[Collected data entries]
^^^^^^^^
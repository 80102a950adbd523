-- ===== src/Queue.antt =====
-- server/queue/queue.go: the mailbox of one subscriber.
pub mod Fifo
pub mod Memory
pub mod Chain
pub mod Hang
pub mod InPlace
mod Tests
use quash.Prelude.{ℕ, ◌+◌, ◌-◌, ◌%◌, ◌^◌, String, Option, none, some, List, [], ◌∷◌}

-- A `*Node`: nil, or an element and its `Next`.
pub data Node : Type 0 where
  nil : Node
  node : String → Node → Node

-- `Counter` is an int64, here its bit pattern, below 2 ^ 64.
pub record Queue : Type 0 where
  pub root : Node
  pub counter : ℕ

unfoldable pub new_queue : Queue
new_queue = record { root = nil; counter = 0 }

-- The loop of `Push`: go to the node whose `Next` is nil and hang `nd` there.
unfoldable pub hang : Node → Node → Node
hang nil nd = nd
hang (node e nil) nd = node e nd
hang (node e (node f rest)) nd = node e (hang (node f rest) nd)

-- The new root: `nd` itself where `Root` was nil.
unfoldable pub push_node : Node → Node → Node
unfolding hang
push_node nil nd = nd
push_node (node e rest) nd = hang (node e rest) nd

unfoldable pub push : Queue → String → Queue
unfolding push_node
push q i = record { root = push_node q.root (node i nil); counter = (q.counter + 1) % 2 ^ 64 }

-- `none` is the panic on the nil `Root` of an empty queue.
unfoldable pub pop_node : Node → ℕ → Option (String × Queue)
pop_node nil counter = none
pop_node (node first next) counter =
    some (first, record { root = next; counter = (counter + (2 ^ 64 - 1)) % 2 ^ 64 })

unfoldable pub pop : Queue → Option (String × Queue)
unfolding pop_node
pop q = pop_node q.root q.counter

unfoldable pub count : Queue → ℕ
count q = q.counter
^^^^^^^^
• PROBLEM STATEMENT: Search the entries for the line holding "hang (node e nil) nd = node e nd". Return that line and the ones after it through the last, exactly.

• FINISHED TASK:
hang (node e nil) nd = node e nd
hang (node e (node f rest)) nd = node e (hang (node f rest) nd)

-- The new root: `nd` itself where `Root` was nil.
unfoldable pub push_node : Node → Node → Node
unfolding hang
push_node nil nd = nd
push_node (node e rest) nd = hang (node e rest) nd

unfoldable pub push : Queue → String → Queue
unfolding push_node
push q i = record { root = push_node q.root (node i nil); counter = (q.counter + 1) % 2 ^ 64 }

-- `none` is the panic on the nil `Root` of an empty queue.
unfoldable pub pop_node : Node → ℕ → Option (String × Queue)
pop_node nil counter = none
pop_node (node first next) counter =
    some (first, record { root = next; counter = (counter + (2 ^ 64 - 1)) % 2 ^ 64 })

unfoldable pub pop : Queue → Option (String × Queue)
unfolding pop_node
pop q = pop_node q.root q.counter

unfoldable pub count : Queue → ℕ
count q = q.counter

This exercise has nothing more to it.